## HOW TO COMPLETE THIS TASK
Filter the lines below, copying only those with the string "encoding".
• • • •
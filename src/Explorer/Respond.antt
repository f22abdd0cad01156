-- ===== src/Explorer/Respond.antt =====
-- explorerapi/server.go: how a handler answers.
use trail.Prelude.{
  ℕ, Bool, true, false, ◌||◌, List, [], ◌∷◌, ◌++◌, Text, codes, text_eq, starts_with, take, ◌==◌,
  if◌then◌else◌,
}
use trail.Prelude.Int.{ℤ, pos_part}
use trail.Payload.{Ref}
use trail.Payload.Store.{
  Stream, Failure, Answer, found, missed, not_found, invalid_cursor, other_failure, gzip,
}
use trail.Storage.Query.{Page}
use trail.Explorer.{Body, PageItems, Response, Web}
use trail.Explorer.Filters.{cursor_message, encode_cursor}

-- `writeJSON`
unfoldable pub write_json : ℕ → Body → Response
write_json status body = record {
  status = status;
  headers = (codes "Content-Type", codes "application/json") ∷ [];
  body = body;
}

unfoldable pub respond_error : ℕ → Text → Text → Response
respond_error status code message = write_json status (Body.error code message)

unfoldable pub bad : Text → Response
bad message = respond_error 400 (codes "invalid_request") message

abbrev pub internal_error : Response
internal_error = respond_error 500 (codes "internal_error") (codes "request failed")

-- `respond` with an error
unfoldable pub respond_failure : Failure → Response
respond_failure not_found = respond_error 404 (codes "not_found") (codes "resource not found")
respond_failure invalid_cursor = bad cursor_message
respond_failure other_failure = internal_error

-- `respond`, with the value's JSON
unfoldable pub respond : {A : Type 0} → (A → Body) → Answer A → Response
respond body (found v) = write_json 200 (body v)
respond body (missed e) = respond_failure e

unfoldable pub respond_page : {A : Type 0} → Web → (List A → PageItems) → Answer (Page A) → Response
respond_page web items (missed e) = respond_failure e
respond_page web items (found p) =
    write_json 200 (Body.page (items p.items) (encode_cursor web p.next_cursor) p.has_more)

-- `strings.Split(value, ";")[0]`
unfoldable pub before_semicolon : Text → Text
before_semicolon [] = []
before_semicolon (c ∷ text) = let rest = before_semicolon text in if c == b';' then [] else c ∷ rest

-- The ASCII characters that `strings.TrimSpace` takes off.
unfoldable pub is_space : ℕ → Bool
is_space c = c == 32 || c == 9 || c == 10 || c == 11 || c == 12 || c == 13

unfoldable pub trim_left : Text → Text
trim_left [] = []
trim_left (c ∷ text) = let rest = trim_left text in if is_space c then rest else c ∷ text

abbrev pub keep_char : ℕ → Text → Text
keep_char c [] = if is_space c then [] else c ∷ []
keep_char c (d ∷ rest) = c ∷ d ∷ rest

unfoldable pub trim_right : Text → Text
trim_right [] = []
trim_right (c ∷ text) = keep_char c (trim_right text)

-- `safeContentType`, for a content type of ASCII characters.
unfoldable pub safe_content_type : Text → Text
safe_content_type value =
    let trimmed = trim_right (trim_left (before_semicolon value)) in
    if starts_with (codes "text/") trimmed
      || text_eq trimmed (codes "application/json")
      || text_eq trimmed (codes "application/xml")
    then trimmed
    else codes "application/octet-stream"

abbrev encoding : Bool → List (Text × Text)
encoding true = (codes "Content-Encoding", codes "gzip") ∷ []
encoding false = []

-- A payload is copied to the response, up to the limit. A read that fails ends it.
unfoldable pub send_content : ℤ → Ref → List (Text × Text) → Answer Stream → Response
send_content limit ref headers (missed e) = respond_failure e
send_content limit ref headers (found r) = record {
  status = 200;
  headers =
      (codes "Content-Type", safe_content_type ref.content_type)
      ∷ (codes "X-Content-Type-Options", codes "nosniff")
      ∷ (headers ++ encoding (text_eq ref.compression gzip));
  body = Body.content (take (pos_part limit) r.bytes);
}
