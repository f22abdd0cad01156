-- ===== src/Explorer/Handlers.antt =====
-- explorerapi/server.go: the handlers of flows, executions, entities and events.
use trail.Prelude.{
  Bool, true, not, ◌&&◌, ◌||◌, Option, none, some, List, [], ◌∷◌, Text, codes, text_eq, is_empty,
  if◌then◌else◌,
}
use trail.Prelude.Int.{ltb_ℤ}
use trail.Id.{Identifier, Outcome, ok, invalid, panic, decode_id}
use trail.Event.{Scope}
use trail.Payload.{Ref}
use trail.Payload.Store.{Stores, Answer, found, missed, not_found}
use trail.Storage.{EventRecord, PayloadLink}
use trail.Storage.Query.{
  FlowDetail, ExecutionSummary, EntityKey, OverviewActivity, OverviewActivityFilter,
}
use trail.Archive.{Library}
use trail.Explorer.{Request, PathValues, PageItems, Body, Response, Web, Config}
use trail.Explorer.Filters.{
  Asked, ask, wrong, page_request, scope_filter, scope_allowed, overview_filter,
  overview_activity_filter, flow_filter, execution_filter, entity_filter, event_filter,
}
use trail.Explorer.Respond.{respond, respond_page, respond_error, bad, internal_error, send_content}

-- `r.PathValue(name)`: the empty text where the pattern has no such name.
unfoldable pub path_value : Text → PathValues → Text
path_value name [] = []
path_value name (entry ∷ values) =
    let rest = path_value name values in if text_eq name entry.0 then entry.1 else rest

unfoldable pub id_message : Text
id_message = codes "trail: invalid ID"

-- An identifier of the path. A panic is answered by `recoverMiddleware`.
unfoldable pub with_id : Outcome Identifier → (Identifier → Response) → Response
with_id (ok id) k = k id
with_id invalid k = bad id_message
with_id panic k = internal_error

unfoldable pub with_asked : {A : Type 0} → Asked A → (A → Response) → Response
with_asked (ask a) k = k a
with_asked (wrong message) k = bad message

-- `if e == nil && !allowed { e = storage.ErrNotFound }`
unfoldable pub only_if : {A : Type 0} → (A → Bool) → Answer A → Answer A
only_if allowed (missed e) = missed e
only_if allowed (found v) = if allowed v then found v else missed not_found

unfoldable pub scopes_allowed : Scope → List ExecutionSummary → Bool
scopes_allowed requested [] = true
scopes_allowed requested (e ∷ executions) =
    scope_allowed requested e.scope && scopes_allowed requested executions

-- The first link with a role.
unfoldable pub find_link : Text → List PayloadLink → Option PayloadLink
find_link role [] = none
find_link role (link ∷ links) =
    let rest = find_link role links in if text_eq link.role role then some link else rest

module _ (S : Stores) (lib : Library) (web : Web) (cfg : Config S lib) (r : Request)
    (values : PathValues) where
  -- `r.PathValue(name)`, read as an identifier.
  abbrev pub path_id : Text → Outcome Identifier
  path_id name = decode_id (path_value name values)

  abbrev pub requested : Scope
  requested = scope_filter web r

  unfoldable pub overview : Response
  overview = respond Body.overview_body (cfg.store.overview (overview_filter web r))

  abbrev pub activity : Option (OverviewActivityFilter → Answer OverviewActivity) → Response
  activity none =
      respond_error 501 (codes "capability_unavailable")
        (codes "overview activity is not supported by this storage adapter")
  activity (some read) =
      with_asked (overview_activity_filter web r) λ f. respond Body.activity_body (read f)

  unfoldable pub overview_activity : Response
  overview_activity = activity cfg.store.overview_activity

  unfoldable pub flows : Response
  flows =
      with_asked (page_request web r)
        λ p. respond_page web PageItems.flow_items (cfg.store.list_flows (flow_filter web r) p)

  unfoldable pub flow : Response
  flow = with_id (path_id (codes "id")) λ id. respond Body.flow_body (
      only_if (λ (v : FlowDetail). scope_allowed requested v.summary.scope) (cfg.store.get_flow id))

  unfoldable pub flow_events : Response
  flow_events = with_id (path_id (codes "id")) λ id. with_asked (page_request web r) λ p.
      respond_page web PageItems.event_items (cfg.store.list_flow_events id (event_filter web r) p)

  unfoldable pub executions : Response
  executions = with_asked (page_request web r) λ p.
      respond_page web PageItems.execution_items
        (cfg.store.list_executions (execution_filter web r) p)

  unfoldable pub execution : Response
  execution = with_id (path_id (codes "id")) λ id. respond Body.execution_body (
      only_if (λ (v : ExecutionSummary). scope_allowed requested v.scope)
        (cfg.store.get_execution id))

  unfoldable pub execution_flows : Response
  execution_flows = with_id (path_id (codes "id")) λ id. with_asked (page_request web r) λ p.
      respond_page web PageItems.flow_items
        (cfg.store.list_execution_flows id (record (flow_filter web r) { execution_id = id }) p)

  unfoldable pub retries : Response
  retries = with_id (path_id (codes "id")) λ id.
      respond Body.retries_body (only_if (scopes_allowed requested) (cfg.store.get_retry_chain id))

  unfoldable pub entities : Response
  entities = with_asked (page_request web r) λ p.
      respond_page web PageItems.entity_items (cfg.store.search_entities (entity_filter web r) p)

  abbrev pub entity_key : EntityKey
  entity_key = record {
    scope = requested;
    type = path_value (codes "type") values;
    id = path_value (codes "id") values;
  }

  unfoldable pub entity : Response
  entity =
      if is_empty (path_value (codes "type") values) || is_empty (path_value (codes "id") values)
      then bad (codes "entity type and ID are required")
      else respond Body.entity_body (cfg.store.get_entity entity_key)

  unfoldable pub entity_flows : Response
  entity_flows = with_asked (page_request web r) λ p.
      respond_page web PageItems.flow_items
        (cfg.store.list_entity_flows entity_key (flow_filter web r) p)

  unfoldable pub events : Response
  events =
      with_asked (page_request web r)
        λ p. respond_page web PageItems.event_items (cfg.store.list_events (event_filter web r) p)

  unfoldable pub event : Response
  event = with_id (path_id (codes "id")) λ id.
      respond Body.event_body
        (only_if (λ (v : EventRecord). scope_allowed requested v.scope) (cfg.store.get_event id))

  -- A payload of a configured store, unless it is too large.
  unfoldable pub open_payload : Ref → Option S.Handle → S.State → Response
  open_payload ref none s =
      respond_error 404 (codes "payload_store_unavailable")
        (codes "payload store is not configured")
  open_payload ref (some store) s =
      if ltb_ℤ cfg.max_payload_bytes ref.size
      then respond_error 413 (codes "payload_too_large")
          (codes "payload exceeds Explorer read limit")
      else send_content cfg.max_payload_bytes ref
          ((codes "Content-Disposition", codes "inline") ∷ []) (S.open_object store ref s)

  unfoldable pub link_payload : Option PayloadLink → S.State → Response
  link_payload none s = respond Body.event_body (missed not_found)
  link_payload (some link) s = open_payload link.ref (cfg.payload_stores link.ref.store) s

  unfoldable pub found_payload : Answer EventRecord → S.State → Response
  found_payload (missed e) s = respond Body.event_body (missed e)
  found_payload (found v) s =
      if not (scope_allowed requested v.scope)
      then respond Body.event_body (missed not_found)
      else link_payload (find_link (path_value (codes "role") values) v.payloads) s

  unfoldable pub event_payload : S.State → Response
  event_payload s = with_id (path_id (codes "event")) λ id. found_payload (cfg.store.get_event id) s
• • • •
## RESPONSE AREA
abbrev encoding : Bool → List (Text × Text)
encoding true = (codes "Content-Encoding", codes "gzip") ∷ []
encoding false = []
      ∷ (headers ++ encoding (text_eq ref.compression gzip));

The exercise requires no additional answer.